[Records from a dataset]

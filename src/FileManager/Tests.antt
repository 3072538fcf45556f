-- ===== src/FileManager/Tests.antt =====
-- The file manager in a small world: the root holds the directory "src", which holds ".." and a
-- file.
use eltex_lessons.Base.{
  ℕ, ◌+◌, ◌<◌, ◌≡◌, ◌≢◌, refl, true, false, Bool, Option, some, List, [], ◌∷◌, arith, length,
  if◌then◌else◌,
}
use eltex_lessons.Base.Int.{pos, ◌+ℤ◌, ◌-ℤ◌}
use eltex_lessons.Text.{Bytes, codes, same_text}
use eltex_lessons.FileManager.{
  FileEntry, Panel, World, scan_directory, scan_loop, selected_file, change_directory, Row, header,
  draw_panel, key_down, key_enter, Screen, first_screen, key_loop,
}
use eltex_lessons.FileManager.Panels.{scan_directory-IsPanel}
use eltex_lessons.FileManager.Paths.{change_directory_back}
use eltex_lessons.FileManager.Keys.{
  highlighted_rows, marked_row, draw_panel_selected, IsScreen, key_loop_lem,
}

abbrev source_dir : FileEntry
source_dir = record { name = codes "src"; is_dir = true }

abbrev up_dir : FileEntry
up_dir = record { name = codes ".."; is_dir = true }

abbrev names_in : Bytes → Option (List Bytes)
names_in path =
    if same_text path (codes "/")
    then some (codes "src" ∷ [])
    else some (codes "." ∷ codes ".." ∷ codes "main.c" ∷ [])

abbrev stat_of : Bytes → Option Bool
stat_of path = if same_text path (codes "//src/main.c") then some false else some true

abbrev world : World
world = record { readdir = names_in; stat = stat_of }

abbrev root_panel : Panel
root_panel = scan_directory world (codes "/")

abbrev source_panel : Panel
source_panel = scan_directory world (codes "//src")

root_selected : selected_file root_panel ≡ some source_dir
unfolding selected_file scan_directory scan_loop same_text
root_selected = refl

source_selected : selected_file source_panel ≡ some up_dir
unfolding selected_file scan_directory scan_loop same_text
source_selected = refl

enter_source : change_directory world root_panel ≡ some source_panel
unfolding change_directory selected_file scan_directory scan_loop same_text
enter_source = refl

not_up : same_text (codes "src") (codes "..") ≡ false
unfolding same_text
not_up = refl

is_up : same_text (codes "..") (codes "..") ≡ true
unfolding same_text
is_up = refl

root_path : root_panel.current_path ≢ []
unfolding scan_directory
root_path = λ e. cc

short_path : length root_panel.current_path + length (codes "src") < 1023
unfolding scan_directory
short_path = omega arith

change_directory_back_example :
    (source_panel ≡ scan_directory world (codes "//src"))
    × (source_panel.current_path ≡ codes "//src")
    × (z : Panel) × (change_directory world source_panel ≡ some z)
    × (z ≡ scan_directory world root_panel.current_path)
    × (z.current_path ≡ root_panel.current_path)
unfolding scan_directory
change_directory_back_example =
    change_directory_back world root_panel source_panel source_panel source_dir up_dir root_selected
      refl not_up (refl, (refl, (refl, tt))) root_path short_path enter_source refl source_selected
      refl is_up

draw_panel_selected_example :
    (rows : List Row) × (n : ℕ) × (draw_panel true root_panel
      ≡ some (header root_panel.current_path, rows))
    × (highlighted_rows rows ≡ marked_row n source_dir ∷ [])
    × (pos n ≡ root_panel.selected -ℤ root_panel.top +ℤ pos 1)
draw_panel_selected_example =
    draw_panel_selected root_panel source_dir (scan_directory-IsPanel world (codes "/"))
      root_selected

key_loop_lem_example :
    (s : Screen) × (key_loop world (key_enter ∷ key_down ∷ []) (first_screen world (codes "/"))
      ≡ some s)
    × IsScreen s
key_loop_lem_example = key_loop_lem world (codes "/") (key_enter ∷ key_down ∷ [])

▸ **Task goal**
All that belongs in your answer is the stretch of entries above from the line with "abbrev source_panel : Panel" through the line with "source_selected : selected_file", printed exactly.

▸ **Answer to this exercise**
abbrev source_panel : Panel
source_panel = scan_directory world (codes "//src")

root_selected : selected_file root_panel ≡ some source_dir
unfolding selected_file scan_directory scan_loop same_text
root_selected = refl

source_selected : selected_file source_panel ≡ some up_dir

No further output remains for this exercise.